Wednesday, June 21, 2017

Review of "Forging a President: How the Wild West Created Teddy Roosevelt," by William Hazelgrove



Review of
Forging a President: How the Wild West Created Teddy Roosevelt, by William Hazelgrove ISBN 978-1-62157-4767

Five out of five stars
 A very sickly, asthmatic child, many people believed that Theodore Roosevelt would never live to adulthood. Growing up in a time when there was little in the way of treatments for his respiratory ailments, his father would hitch up a buggy, drive the team as fast as possible and have young Theodore put his head into the wind so that air would be forced into his lungs.
 Yet, survive to adulthood he did, only to have his wife and mother die within a few hours of each other. A semi-broken man, he handed his daughter over to a relative and left political life for the last vestiges of the frontier in what was then the Dakota Territory.
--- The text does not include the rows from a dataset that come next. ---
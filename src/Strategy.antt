-- ===== src/Strategy.antt =====
-- include/stream-client/connector/pool_strategy.hpp and impl/pool_strategy.ipp: the two ways to
-- refill a pool, and what they guarantee.
pub mod Defs
pub mod Adders
pub mod Greedy
pub mod Attempts
pub mod Backoff
pub mod Delay
mod Examples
It was indeed a wild time with no law other than what one could make for themselves, an environment where only the strong survived.  
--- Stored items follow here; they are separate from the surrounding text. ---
-- ===== src/Strategy/Backoff.antt =====
-- conservative_strategy of impl/pool_strategy.ipp: what a call that fails holds back.
use stream_client.Common.{
  ℕ, ◌+◌, ◌*◌, ◌/◌, ◌≤◌, ◌<◌, ◌≡◌, ◌∙◌, Bool, true, false, arith, lt→ltb, ℤ, pos, ◌+ℤ◌, ◌≤ℤ◌, ◌<ℤ◌,
  ltb_ℤ, +ℤ_parts,
}
use stream_client.Clock.{IsNow, add_time-exact, k_infinite_duration}
use stream_client.Strategy.Defs.{
  RefillEnv, run_adders, size_mod, Conservative, k_max_backoff_ms, next_delay, back_off, conclude,
  conservative_refill,
}
use stream_client.Strategy.Attempts.{conservative_refill_lem}

-- The delay never passes ten seconds.
pub next_delay-le :
    (scale : ℕ → ℕ → ℕ) (st : Conservative) (roll : ℕ) → next_delay scale st roll ≤ k_max_backoff_ms
unfolding next_delay
next_delay-le scale st roll = omega arith

back_off-waits :
    (scale : ℕ → ℕ → ℕ) (st : Conservative) (now later : ℤ) (roll : ℕ)
    → IsNow now
    → now +ℤ pos (k_max_backoff_ms * 1_000_000) ≤ℤ k_infinite_duration
    → later <ℤ now +ℤ pos ((back_off scale st now roll).current_delay_ms * 1_000_000)
    → ltb_ℤ later (back_off scale st now roll).wait_until ≡ true
unfolding back_off
back_off-waits scale st now later roll clock room early =
    rw
      (add_time-exact now ms clock.0 (
        omega (
          arith,
          +ℤ_parts now (pos ms),
          +ℤ_parts now (pos (k_max_backoff_ms * 1_000_000)),
          next_delay-le scale st roll,
        )))
      (lt→ltb _ _ early)
  where
    ms : ℕ
    ms = next_delay scale st roll * 1_000_000

back_off-vanishes :
    (scale : ℕ → ℕ → ℕ) (st : Conservative) (now later : ℤ) (roll : ℕ)
    → next_delay scale st roll ≡ 0
    → IsNow now
    → now ≤ℤ later
    → ((back_off scale st now roll).current_delay_ms ≡ 0)
      × (ltb_ℤ later (back_off scale st now roll).wait_until ≡ false)
unfolding back_off
back_off-vanishes scale st now later roll e clock h = (
  e,
  rw (e, add_time-exact now 0 clock.0 (omega (arith, +ℤ_parts now (pos 0))))
      (ground (arith, +ℤ_parts now (pos 0))),
)

module _ {S W : Type 0} (scale : ℕ → ℕ → ℕ) where
  waits :
      (env : RefillEnv S) (n : ℕ) (append_func : ℕ → S → W → W) (st : Conservative) (w : W)
      → ltb_ℤ env.started st.wait_until ≡ true
      → conservative_refill scale env n append_func st w ≡ (st, w, false)
  unfolding conservative_refill
  waits env n append_func st w h = rw h

  conclude-fails :
      (env : RefillEnv S) (st : Conservative) (acc : W × Bool)
      → (conclude scale env st acc).2 ≡ false
      → (conclude scale env st acc).0 ≡ back_off scale st env.finished env.roll
  unfolding conclude
  conclude-fails env st acc h = ground arith

  fails :
      (env : RefillEnv S) (n : ℕ) (append_func : ℕ → S → W → W) (st : Conservative) (w : W)
      → ltb_ℤ env.started st.wait_until ≡ false
      → (conservative_refill scale env n append_func st w).2 ≡ false
      → (conservative_refill scale env n append_func st w).0
        ≡ back_off scale st env.finished env.roll
  unfolding conservative_refill
  fails env n append_func st w ready h = rw ready (conclude-fails env st _ (rw ready at h))

  -- If a call of the conservative strategy's refill that was not held back itself fails at a clock
  -- that leaves room for the longest delay, then a call that starts before the delay is over
  -- attempts nothing and changes nothing.
  pub conservative_refill-holds_back :
      (env next : RefillEnv S) (n m : ℕ) (append_func append_next : ℕ → S → W → W)
      (st : Conservative) (w v : W)
      → ltb_ℤ env.started st.wait_until ≡ false
      → (conservative_refill scale env n append_func st w).2 ≡ false
      → IsNow env.finished
      → env.finished +ℤ pos (k_max_backoff_ms * 1_000_000) ≤ℤ k_infinite_duration
      → let failed = (conservative_refill scale env n append_func st w).0 in
        next.started <ℤ env.finished +ℤ pos (failed.current_delay_ms * 1_000_000)
        → conservative_refill scale next m append_next failed v ≡ (failed, v, false)
  conservative_refill-holds_back env next n m append_func append_next st w v ready nothing now room
        early =
      let e = fails env n append_func st w ready nothing in
      rw e (
        waits next m append_next _ v
          (back_off-waits scale st env.finished next.started env.roll now room (rw e at early)))

  starts_afresh :
      (env : RefillEnv S) (n : ℕ) (append_func : ℕ → S → W → W) (st : Conservative) (w : W)
      → st.current_delay_ms ≡ 0
      → ltb_ℤ env.started st.wait_until ≡ false
      → 0 < n
      → n + 2 < size_mod
      → conservative_refill scale env n append_func st w
        ≡ conclude scale env st (run_adders ((n + 2) / 3) 0 env.new_session append_func (w, false))
  starts_afresh env n append_func st w no_delay ready h k =
      conservative_refill_lem scale env n append_func st w h k ∙ rw (ready, no_delay)

  -- If a call of the conservative strategy's refill fails and the random fraction cuts the delay to
  -- 0, a call for some vacant places that starts no earlier makes attempts for a third of them,
  -- rounded up: neither the wait nor the limit to one attempt holds it back.
  pub conservative_refill-forgets :
      (env next : RefillEnv S) (n m : ℕ) (append_func append_next : ℕ → S → W → W)
      (st : Conservative) (w v : W)
      → ltb_ℤ env.started st.wait_until ≡ false
      → (conservative_refill scale env n append_func st w).2 ≡ false
      → next_delay scale st env.roll ≡ 0
      → IsNow env.finished
      → env.finished ≤ℤ next.started
      → 0 < m
      → m + 2 < size_mod
      → let failed = (conservative_refill scale env n append_func st w).0 in
        conservative_refill scale next m append_next failed v
        ≡ conclude scale next failed
            (run_adders ((m + 2) / 3) 0 next.new_session append_next (v, false))
  conservative_refill-forgets env next n m append_func append_next st w v ready nothing none_left
        now later h k =
      let (zero_delay, over) =
        back_off-vanishes scale st env.finished next.started env.roll none_left now later in
      rw (fails env n append_func st w ready nothing) (
        starts_afresh next m append_next (back_off scale st env.finished env.roll) v zero_delay over
          h k)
 In many ways harboring what we would now describe as a “death wish,” Roosevelt went out there and literally faced down murderous men and Native Americans, operated outdoors in the most horrific of weather conditions and was a true cowboy, working on and owning a cattle ranch. Often mistaken for a soft gentleman from the east due to his looks and educated speech, Roosevelt never hesitated to stand his ground. There were many times when he could easily have become just another largely anonymous death in the savage land of the Dakotas in the 1880’s.
 This book is a great adventure tale of the actions of Theodore Roosevelt during this period of his life. So much of the western genre of entertainment is exaggerated for effect, in this case, it all really happened. Wild rides during a stampede, getting down off his horse and taking aim at one of the members of a band of Native Americans in a time when both sides hunted down and killed members of the other, acting as a lawman in tracking down thieves, punching out a man threatening him and enduring desert heat and Arctic cold. Properly done, it would be a great movie.
 In terms of overall activity, Theodore Roosevelt was the most accomplished president of the United States. He was a soldier on the ground in war, personally hearing the bullets flying about him, he served in many different political offices. His achievements as president are significant, he created the national conservation movement and was the author of 47 books covering a wide range of topics.
 This is the story of how this extraordinary man barely escaped death many times and was turned into the man with the grit to become an effective president from a man that openly expressed his desire to die.